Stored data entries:

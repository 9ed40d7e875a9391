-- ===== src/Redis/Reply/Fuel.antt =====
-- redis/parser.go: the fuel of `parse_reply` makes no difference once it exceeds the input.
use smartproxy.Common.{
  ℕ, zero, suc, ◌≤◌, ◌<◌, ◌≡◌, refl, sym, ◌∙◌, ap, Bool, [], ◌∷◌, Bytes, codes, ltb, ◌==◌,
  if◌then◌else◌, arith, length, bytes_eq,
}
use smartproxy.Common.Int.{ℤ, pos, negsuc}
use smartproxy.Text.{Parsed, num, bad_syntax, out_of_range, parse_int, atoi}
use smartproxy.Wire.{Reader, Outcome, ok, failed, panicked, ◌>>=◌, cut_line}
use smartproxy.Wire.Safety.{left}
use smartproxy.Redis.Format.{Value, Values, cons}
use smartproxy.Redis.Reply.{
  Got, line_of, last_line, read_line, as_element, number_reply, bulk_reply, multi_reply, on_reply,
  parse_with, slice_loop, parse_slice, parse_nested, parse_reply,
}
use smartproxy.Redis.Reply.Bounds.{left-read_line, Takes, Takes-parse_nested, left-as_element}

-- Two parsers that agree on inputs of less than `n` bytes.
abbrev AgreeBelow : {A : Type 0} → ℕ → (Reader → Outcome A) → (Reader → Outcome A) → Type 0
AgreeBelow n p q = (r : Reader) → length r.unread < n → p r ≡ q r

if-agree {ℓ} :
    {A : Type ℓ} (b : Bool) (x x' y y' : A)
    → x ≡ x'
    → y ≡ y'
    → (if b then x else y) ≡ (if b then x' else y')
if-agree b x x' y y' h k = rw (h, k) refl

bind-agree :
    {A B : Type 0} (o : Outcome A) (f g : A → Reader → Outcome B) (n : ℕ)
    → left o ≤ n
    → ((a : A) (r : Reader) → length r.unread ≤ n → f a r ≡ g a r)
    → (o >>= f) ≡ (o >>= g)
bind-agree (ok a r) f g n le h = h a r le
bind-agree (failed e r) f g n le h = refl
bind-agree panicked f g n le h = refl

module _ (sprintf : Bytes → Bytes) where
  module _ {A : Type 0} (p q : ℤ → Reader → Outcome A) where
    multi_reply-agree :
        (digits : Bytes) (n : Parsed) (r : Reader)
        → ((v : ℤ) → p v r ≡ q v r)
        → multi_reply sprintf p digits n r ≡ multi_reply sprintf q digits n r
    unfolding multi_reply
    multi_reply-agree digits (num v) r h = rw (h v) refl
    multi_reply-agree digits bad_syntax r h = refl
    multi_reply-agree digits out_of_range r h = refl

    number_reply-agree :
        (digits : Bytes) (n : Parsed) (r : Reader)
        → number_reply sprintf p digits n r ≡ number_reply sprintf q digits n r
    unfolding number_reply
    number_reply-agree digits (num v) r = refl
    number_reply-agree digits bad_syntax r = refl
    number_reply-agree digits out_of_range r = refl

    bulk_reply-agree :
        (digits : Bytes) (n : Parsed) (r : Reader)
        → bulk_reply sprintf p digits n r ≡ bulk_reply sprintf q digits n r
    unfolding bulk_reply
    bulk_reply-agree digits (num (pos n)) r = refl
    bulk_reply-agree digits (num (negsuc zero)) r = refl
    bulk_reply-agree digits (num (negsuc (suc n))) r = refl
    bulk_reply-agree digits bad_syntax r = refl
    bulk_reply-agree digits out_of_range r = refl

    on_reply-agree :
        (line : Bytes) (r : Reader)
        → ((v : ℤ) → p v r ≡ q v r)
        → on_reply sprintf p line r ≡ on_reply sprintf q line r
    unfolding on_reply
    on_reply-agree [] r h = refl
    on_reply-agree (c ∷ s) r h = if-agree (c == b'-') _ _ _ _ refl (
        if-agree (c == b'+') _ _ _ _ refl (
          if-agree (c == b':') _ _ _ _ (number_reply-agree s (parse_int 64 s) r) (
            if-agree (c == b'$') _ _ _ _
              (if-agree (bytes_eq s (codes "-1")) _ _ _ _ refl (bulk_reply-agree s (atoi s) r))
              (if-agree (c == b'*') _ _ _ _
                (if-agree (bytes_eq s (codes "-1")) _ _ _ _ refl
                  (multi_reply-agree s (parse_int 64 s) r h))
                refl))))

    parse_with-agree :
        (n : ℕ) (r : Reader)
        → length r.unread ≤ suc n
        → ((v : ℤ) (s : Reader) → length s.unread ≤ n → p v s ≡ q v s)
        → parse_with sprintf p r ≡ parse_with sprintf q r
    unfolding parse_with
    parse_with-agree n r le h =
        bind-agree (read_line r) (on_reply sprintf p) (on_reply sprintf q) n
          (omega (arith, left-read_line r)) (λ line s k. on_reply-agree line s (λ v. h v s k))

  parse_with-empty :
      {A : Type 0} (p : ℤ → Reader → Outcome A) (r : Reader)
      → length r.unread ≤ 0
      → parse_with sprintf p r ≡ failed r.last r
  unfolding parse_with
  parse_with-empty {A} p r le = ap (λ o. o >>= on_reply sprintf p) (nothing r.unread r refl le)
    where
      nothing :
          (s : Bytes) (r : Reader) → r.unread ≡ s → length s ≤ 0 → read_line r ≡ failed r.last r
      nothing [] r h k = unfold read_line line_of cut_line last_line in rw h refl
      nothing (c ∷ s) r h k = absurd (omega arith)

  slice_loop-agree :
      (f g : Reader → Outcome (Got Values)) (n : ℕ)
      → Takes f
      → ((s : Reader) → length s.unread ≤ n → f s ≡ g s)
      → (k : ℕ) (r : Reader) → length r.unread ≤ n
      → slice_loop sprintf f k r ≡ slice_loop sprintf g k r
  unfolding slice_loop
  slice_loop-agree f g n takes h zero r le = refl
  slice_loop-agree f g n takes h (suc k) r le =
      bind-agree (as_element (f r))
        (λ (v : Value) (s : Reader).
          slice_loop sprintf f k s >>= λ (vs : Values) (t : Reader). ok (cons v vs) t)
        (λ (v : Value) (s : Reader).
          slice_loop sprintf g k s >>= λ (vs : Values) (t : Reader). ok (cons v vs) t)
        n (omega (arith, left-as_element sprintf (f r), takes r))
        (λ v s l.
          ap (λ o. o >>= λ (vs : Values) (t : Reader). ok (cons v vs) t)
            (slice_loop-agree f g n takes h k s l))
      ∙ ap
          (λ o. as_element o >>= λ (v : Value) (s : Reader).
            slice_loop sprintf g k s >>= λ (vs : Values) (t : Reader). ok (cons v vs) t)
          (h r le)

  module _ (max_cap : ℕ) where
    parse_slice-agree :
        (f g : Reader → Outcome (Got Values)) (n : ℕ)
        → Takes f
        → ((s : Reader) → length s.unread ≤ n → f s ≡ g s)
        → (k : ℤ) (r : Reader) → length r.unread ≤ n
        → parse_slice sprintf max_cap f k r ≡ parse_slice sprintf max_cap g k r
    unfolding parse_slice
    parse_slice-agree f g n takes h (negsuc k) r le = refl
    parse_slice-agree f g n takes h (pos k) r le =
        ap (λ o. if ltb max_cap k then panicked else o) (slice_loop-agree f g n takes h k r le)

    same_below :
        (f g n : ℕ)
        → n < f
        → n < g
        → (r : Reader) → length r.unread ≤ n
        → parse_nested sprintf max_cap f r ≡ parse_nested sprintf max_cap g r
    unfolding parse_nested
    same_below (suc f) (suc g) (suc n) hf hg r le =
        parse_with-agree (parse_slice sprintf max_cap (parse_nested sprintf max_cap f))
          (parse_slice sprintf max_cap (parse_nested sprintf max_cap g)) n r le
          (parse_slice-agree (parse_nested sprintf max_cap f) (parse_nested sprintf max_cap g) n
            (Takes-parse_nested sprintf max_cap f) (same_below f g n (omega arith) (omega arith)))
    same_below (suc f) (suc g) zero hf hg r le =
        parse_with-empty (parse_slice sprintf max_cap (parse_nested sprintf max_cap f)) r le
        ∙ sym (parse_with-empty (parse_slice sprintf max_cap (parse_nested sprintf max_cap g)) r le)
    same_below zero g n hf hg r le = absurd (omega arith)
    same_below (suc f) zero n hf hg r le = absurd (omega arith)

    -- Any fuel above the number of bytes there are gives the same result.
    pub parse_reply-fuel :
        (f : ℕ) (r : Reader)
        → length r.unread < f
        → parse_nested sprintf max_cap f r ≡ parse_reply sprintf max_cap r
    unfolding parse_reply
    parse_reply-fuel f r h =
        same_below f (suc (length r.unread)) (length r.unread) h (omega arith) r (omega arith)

▶ [EXERCISE REQUIREMENTS] For the lines above, output exactly those from the line containing "sprintf q line r" through the line containing "if-agree (c == b'$') _ _ _ _", and skip the others.

▶ [TASK ANSWER]
        → on_reply sprintf p line r ≡ on_reply sprintf q line r
    unfolding on_reply
    on_reply-agree [] r h = refl
    on_reply-agree (c ∷ s) r h = if-agree (c == b'-') _ _ _ _ refl (
        if-agree (c == b'+') _ _ _ _ refl (
          if-agree (c == b':') _ _ _ _ (number_reply-agree s (parse_int 64 s) r) (
            if-agree (c == b'$') _ _ _ _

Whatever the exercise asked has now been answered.